Go to the line below containing "append = true" and print exactly from there through the line containing "-- ===== src/Spl/Parser/Commands/Ends.antt", both included. Print nothing else.

Saved entries:
______________________________

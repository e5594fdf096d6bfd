-- ===== src/Spl/Parser/Commands.antt =====
-- The commands of internal/spl/parser/parser.go that are read word by word.
pub mod Ends
use quetzalog.Base.{
  ℕ, Bool, true, false, not, ◌&&◌, ◌||◌, List, [], ◌∷◌, ◌++◌, Text, codes, equal, one_of,
  if◌then◌else◌, Outcome, ok, err, ◌>>=◌, ◌==◌, atoi, ℤ,
}
use quetzalog.Spl.Unicode.{Unicode, to_lower, to_upper}
use quetzalog.Spl.Lexer.{Token, TokenKind, is_name, is_op, is_keyword}
use quetzalog.Spl.Ast.{
  SortField, RexNode, LookupNode, Node, sort, head, tail, dedup, fields, table, rename, rex, bin,
  lookup,
}
use quetzalog.Spl.Parser.Expression.{ParseError, command_error}
use quetzalog.Spl.Parser.Aggregation.{is_string, is_word, is_eq}

abbrev fail : Text → Outcome ParseError Node
fail message = err (command_error message)

abbrev is_number : TokenKind → Bool
is_number TokenKind.number = true
is_number _ = false

abbrev is_star : TokenKind → Bool
is_star TokenKind.star = true
is_star _ = false

abbrev is_sign : Text → Token → Bool
is_sign sign t = is_op t.kind && equal t.value sign

-- The loop of `parseSort`.
unfoldable pub sort_fields : Unicode → List Token → List SortField
sort_fields u [] = []
sort_fields u (t ∷ []) =
    if is_keyword u t (codes "by")
    then []
    else if is_name t.kind && not (atoi t.value).1
    then record { field = t.value; desc = false } ∷ []
    else []
sort_fields u (t ∷ n ∷ ts) =
    let past = sort_fields u ts in
    let more = sort_fields u (n ∷ ts) in
    if is_keyword u t (codes "by")
    then more
    else if is_sign (codes "-") t && is_name n.kind
    then record { field = n.value; desc = true } ∷ past
    else if is_name t.kind && not (atoi t.value).1
    then record { field = t.value; desc = false } ∷ more
    else more

abbrev sort_of : List SortField → Outcome ParseError Node
sort_of [] = fail (codes "sort requires at least one field")
sort_of (f ∷ fs) = ok (sort (f ∷ fs))

unfoldable pub parse_sort : Unicode → List Token → Outcome ParseError Node
unfolding sort_fields
parse_sort u ts = sort_of (sort_fields u ts)

-- `parseCount`: the first number, which has to be an integer.
unfoldable pub parse_count : List Token → Outcome ParseError ℤ
parse_count [] = err (command_error (codes "requires a number argument"))
parse_count (t ∷ ts) =
    let more = parse_count ts in
    if is_number t.kind
    then (if (atoi t.value).1 then ok (atoi t.value).0 else err (command_error t.value))
    else more

unfoldable pub parse_head : List Token → Outcome ParseError Node
unfolding parse_count
parse_head ts = parse_count ts >>= λ n. ok (head n)

unfoldable pub parse_tail : List Token → Outcome ParseError Node
unfolding parse_count
parse_tail ts = parse_count ts >>= λ n. ok (tail n)

unfoldable pub parse_dedup : List Token → Outcome ParseError Node
parse_dedup [] = fail (codes "dedup requires a field name")
parse_dedup (t ∷ ts) =
    let more = parse_dedup ts in
    if is_name t.kind && not (atoi t.value).1 then ok (dedup t.value) else more

-- `strings.TrimPrefix` by one rune.
unfoldable pub trim_prefix : ℕ → Text → Text
trim_prefix sign [] = []
trim_prefix sign (c ∷ s) = if c == sign then s else c ∷ s

-- The names that `parseFields` collects.
unfoldable pub field_names : List Token → List Text
unfolding trim_prefix
field_names [] = []
field_names (t ∷ ts) =
    let more = field_names ts in
    let f = trim_prefix b'+' (trim_prefix b'-' t.value) in
    if is_word t && not (equal f []) then f ∷ more else more

abbrev is_first : (Token → Bool) → List Token → Bool
is_first test [] = false
is_first test (t ∷ _) = test t

abbrev fields_of : Bool → List Text → Outcome ParseError Node
fields_of include [] = fail (codes "fields requires at least one field")
fields_of include (f ∷ fs) = ok (fields include (f ∷ fs))

-- A leading `-` drops the fields; an operator names no field.
unfoldable pub parse_fields : List Token → Outcome ParseError Node
unfolding field_names
parse_fields ts = fields_of (not (is_first (is_sign (codes "-")) ts)) (field_names ts)

unfoldable pub table_names : List Token → List Text
table_names [] = []
table_names (t ∷ ts) =
    let more = table_names ts in
    if is_word t then t.value ∷ more else if is_star t.kind then codes "*" ∷ more else more

abbrev table_of : List Text → Outcome ParseError Node
table_of [] = fail (codes "table requires at least one field")
table_of (f ∷ fs) = ok (table (f ∷ fs))

unfoldable pub parse_table : List Token → Outcome ParseError Node
unfolding table_names
parse_table ts = table_of (table_names ts)

-- The loop of `parseRename`: `MappingsOrdered`, or the name at which `old as new` is missing.
unfoldable pub rename_pairs : Unicode → List Token → Outcome ParseError (List (Text × Text))
rename_pairs u [] = ok []
rename_pairs u (t ∷ []) = if is_name t.kind then err (command_error t.value) else ok []
rename_pairs u (t ∷ w ∷ []) =
    let more = rename_pairs u (w ∷ []) in
    if is_name t.kind then err (command_error t.value) else more
rename_pairs u (t ∷ w ∷ to ∷ ts) =
    let past = rename_pairs u ts >>= λ ps. ok ((t.value, to.value) ∷ ps) in
    let more = rename_pairs u (w ∷ to ∷ ts) in
    if not (is_name t.kind)
    then more
    else if is_keyword u w (codes "as")
    then past
    else err (command_error t.value)

abbrev rename_of : List (Text × Text) → Outcome ParseError Node
rename_of [] = fail (codes "rename requires at least one mapping")
rename_of (p ∷ ps) = ok (rename (p ∷ ps))

unfoldable pub parse_rename : Unicode → List Token → Outcome ParseError Node
unfolding rename_pairs
parse_rename u ts = rename_pairs u ts >>= rename_of

-- The `switch` of `parseRex` on an option's key.
unfoldable pub set_rex_option : RexNode → Text → Text → RexNode
set_rex_option node key val =
    if equal key (codes "field")
    then record node { field = val }
    else if equal key (codes "rename") || equal key (codes "alias")
    then record node { rename = val }
    else if equal key (codes "mode")
    then record node { mode = val }
    else node

-- A token that is no option is the pattern, an unquoted one only where there is none yet.
unfoldable pub set_rex_pattern : RexNode → Token → RexNode
set_rex_pattern node t =
    if is_string t.kind || (is_name t.kind && equal node.pat [])
    then record node { pat = t.value }
    else node

unfoldable pub rex_loop : Unicode → RexNode → List Token → RexNode
unfolding set_rex_option set_rex_pattern
rex_loop u node [] = node
rex_loop u node (t ∷ []) = set_rex_pattern node t
rex_loop u node (t ∷ w ∷ []) = rex_loop u (set_rex_pattern node t) (w ∷ [])
rex_loop u node (t ∷ w ∷ v ∷ ts) =
    let past = rex_loop u (set_rex_option node (to_lower u t.value) v.value) ts in
    let more = rex_loop u (set_rex_pattern node t) (w ∷ v ∷ ts) in
    if is_name t.kind && is_eq w then past else more

unfoldable pub parse_rex : Unicode → List Token → Outcome ParseError Node
unfolding rex_loop
parse_rex u ts =
    let node = rex_loop u (record { field = []; pat = []; rename = []; mode = [] }) ts in
    if equal node.pat [] then fail (codes "rex requires a pattern") else ok (rex node)

-- The loop of `parseBin`, over the field and the span.
unfoldable pub bin_loop : Unicode → Text → Text → List Token → Text × Text
bin_loop u field span [] = (field, span)
bin_loop u field span (t ∷ []) = (if is_name t.kind && equal field [] then t.value else field, span)
bin_loop u field span (t ∷ w ∷ []) =
    bin_loop u (if is_name t.kind && equal field [] then t.value else field) span (w ∷ [])
bin_loop u field span (t ∷ w ∷ v ∷ ts) =
    let past = bin_loop u field v.value ts in
    let more =
      bin_loop u (if is_name t.kind && equal field [] then t.value else field) span (w ∷ v ∷ ts) in
    if is_keyword u t (codes "span") && is_eq w then past else more

unfoldable pub parse_bin : Unicode → List Token → Outcome ParseError Node
unfolding bin_loop
parse_bin u ts =
    let (field, span) = bin_loop u [] [] ts in
    if equal field [] then fail (codes "bin requires a field") else ok (bin field span)

unfoldable pub words : List Token → List Text
words [] = []
words (t ∷ ts) = let more = words ts in if is_word t then t.value ∷ more else more

-- The `switch` of `parseLookup` on one word.
unfoldable pub lookup_word : Unicode → LookupNode → Text → LookupNode
lookup_word u node w =
    if one_of (codes "OUTPUT" ∷ codes "OUTPUTNEW" ∷ codes "OUTPUTAPPEND" ∷ []) (to_upper u w)
    then node
    else if equal (to_upper u w) (codes "APPEND")
    then record node { append = true }
    else if equal node.lookup []
    then record node { lookup = w }
    else if equal node.input_field [] && not node.append
    then record node { input_field = w }
    else record node { output_fields = node.output_fields ++ (w ∷ []) }

unfoldable pub lookup_loop : Unicode → LookupNode → List Text → LookupNode
unfolding lookup_word
lookup_loop u node [] = node
lookup_loop u node (w ∷ ws) = lookup_loop u (lookup_word u node w) ws

abbrev lookup_of : Unicode → List Text → Outcome ParseError Node
lookup_of u [] = fail (codes "lookup requires a lookup name and an input field")
lookup_of u (w ∷ []) = fail (codes "lookup requires a lookup name and an input field")
lookup_of u (w ∷ v ∷ ws) = ok (
    lookup (
      lookup_loop u (record { lookup = []; input_field = []; output_fields = []; append = false })
        (w ∷ v ∷ ws)))

unfoldable pub parse_lookup : Unicode → List Token → Outcome ParseError Node
unfolding lookup_loop words
parse_lookup u ts = lookup_of u (words ts)
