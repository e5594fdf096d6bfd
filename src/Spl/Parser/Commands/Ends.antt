-- ===== src/Spl/Parser/Commands/Ends.antt =====
-- When the commands of internal/spl/parser/parser.go that are read word by word return.
use quetzalog.Base.{Bool, List, [], ◌∷◌, ◌≢◌, Text, ok, out_of_fuel, bind-Ended, arith}
use quetzalog.Spl.Unicode.{Unicode}
use quetzalog.Spl.Lexer.{Token}
use quetzalog.Spl.Ast.{SortField}
use quetzalog.Spl.Parser.Commands.{
  sort_fields, sort_of, parse_sort, parse_count, parse_head, parse_tail, parse_dedup, field_names,
  fields_of, parse_fields, table_names, table_of, parse_table, rename_pairs, rename_of,
  parse_rename, parse_rex, parse_bin, words, lookup_of, parse_lookup,
}

sort_of-Ended : (fs : List SortField) → sort_of fs ≢ out_of_fuel
sort_of-Ended [] h = cc
sort_of-Ended (f ∷ fs) h = cc

pub parse_sort-Ended : (u : Unicode) (ts : List Token) → parse_sort u ts ≢ out_of_fuel
unfolding parse_sort
parse_sort-Ended u ts = sort_of-Ended (sort_fields u ts)

parse_count-Ended : (ts : List Token) → parse_count ts ≢ out_of_fuel
unfolding parse_count
parse_count-Ended [] h = cc
parse_count-Ended (t ∷ ts) h = ground (arith, parse_count-Ended ts)

pub parse_head-Ended : (ts : List Token) → parse_head ts ≢ out_of_fuel
parse_head-Ended ts =
    unfold parse_head in bind-Ended (parse_count ts) _ (parse_count-Ended ts) (λ n h. cc)

pub parse_tail-Ended : (ts : List Token) → parse_tail ts ≢ out_of_fuel
parse_tail-Ended ts =
    unfold parse_tail in bind-Ended (parse_count ts) _ (parse_count-Ended ts) (λ n h. cc)

pub parse_dedup-Ended : (ts : List Token) → parse_dedup ts ≢ out_of_fuel
unfolding parse_dedup
parse_dedup-Ended [] h = cc
parse_dedup-Ended (t ∷ ts) h = ground (arith, parse_dedup-Ended ts)

fields_of-Ended : (include : Bool) (fs : List Text) → fields_of include fs ≢ out_of_fuel
fields_of-Ended include [] h = cc
fields_of-Ended include (f ∷ fs) h = cc

pub parse_fields-Ended : (ts : List Token) → parse_fields ts ≢ out_of_fuel
unfolding parse_fields
parse_fields-Ended ts = fields_of-Ended _ (field_names ts)

table_of-Ended : (fs : List Text) → table_of fs ≢ out_of_fuel
table_of-Ended [] h = cc
table_of-Ended (f ∷ fs) h = cc

pub parse_table-Ended : (ts : List Token) → parse_table ts ≢ out_of_fuel
unfolding parse_table
parse_table-Ended ts = table_of-Ended (table_names ts)

rename_pairs-Ended : (u : Unicode) (ts : List Token) → rename_pairs u ts ≢ out_of_fuel
unfolding rename_pairs
rename_pairs-Ended u [] h = cc
rename_pairs-Ended u (t ∷ []) h = ground arith
rename_pairs-Ended u (t ∷ w ∷ []) h = ground (arith, rename_pairs-Ended u (w ∷ []))
rename_pairs-Ended u (t ∷ w ∷ to ∷ ts) h = ground (
  arith,
  bind-Ended (rename_pairs u ts) (λ ps. ok ((t.value, to.value) ∷ ps)) (rename_pairs-Ended u ts)
      (λ ps k. cc),
  rename_pairs-Ended u (w ∷ to ∷ ts),
)

rename_of-Ended : (ps : List (Text × Text)) → rename_of ps ≢ out_of_fuel
rename_of-Ended [] h = cc
rename_of-Ended (p ∷ ps) h = cc

pub parse_rename-Ended : (u : Unicode) (ts : List Token) → parse_rename u ts ≢ out_of_fuel
parse_rename-Ended u ts =
    unfold parse_rename in
    bind-Ended (rename_pairs u ts) rename_of (rename_pairs-Ended u ts) rename_of-Ended

pub parse_rex-Ended : (u : Unicode) (ts : List Token) → parse_rex u ts ≢ out_of_fuel
unfolding parse_rex
parse_rex-Ended u ts h = ground arith

pub parse_bin-Ended : (u : Unicode) (ts : List Token) → parse_bin u ts ≢ out_of_fuel
unfolding parse_bin
parse_bin-Ended u ts h = ground arith

lookup_of-Ended : (u : Unicode) (ws : List Text) → lookup_of u ws ≢ out_of_fuel
lookup_of-Ended u [] h = cc
lookup_of-Ended u (w ∷ []) h = cc
lookup_of-Ended u (w ∷ v ∷ ws) h = cc

pub parse_lookup-Ended : (u : Unicode) (ts : List Token) → parse_lookup u ts ≢ out_of_fuel
unfolding parse_lookup
parse_lookup-Ended u ts = lookup_of-Ended u (words ts)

______________________________

**Expected answer**
    then record node { append = true }
    else if equal node.lookup []
    then record node { lookup = w }
    else if equal node.input_field [] && not node.append
    then record node { input_field = w }
    else record node { output_fields = node.output_fields ++ (w ∷ []) }

unfoldable pub lookup_loop : Unicode → LookupNode → List Text → LookupNode
unfolding lookup_word
lookup_loop u node [] = node
lookup_loop u node (w ∷ ws) = lookup_loop u (lookup_word u node w) ws

abbrev lookup_of : Unicode → List Text → Outcome ParseError Node
lookup_of u [] = fail (codes "lookup requires a lookup name and an input field")
lookup_of u (w ∷ []) = fail (codes "lookup requires a lookup name and an input field")
lookup_of u (w ∷ v ∷ ws) = ok (
    lookup (
      lookup_loop u (record { lookup = []; input_field = []; output_fields = []; append = false })
        (w ∷ v ∷ ws)))

unfoldable pub parse_lookup : Unicode → List Token → Outcome ParseError Node
unfolding lookup_loop words
parse_lookup u ts = lookup_of u (words ts)
repository e5594fdf096d6bfd
filename src/Spl/Parser/Commands/Ends.antt
-- ===== src/Spl/Parser/Commands/Ends.antt =====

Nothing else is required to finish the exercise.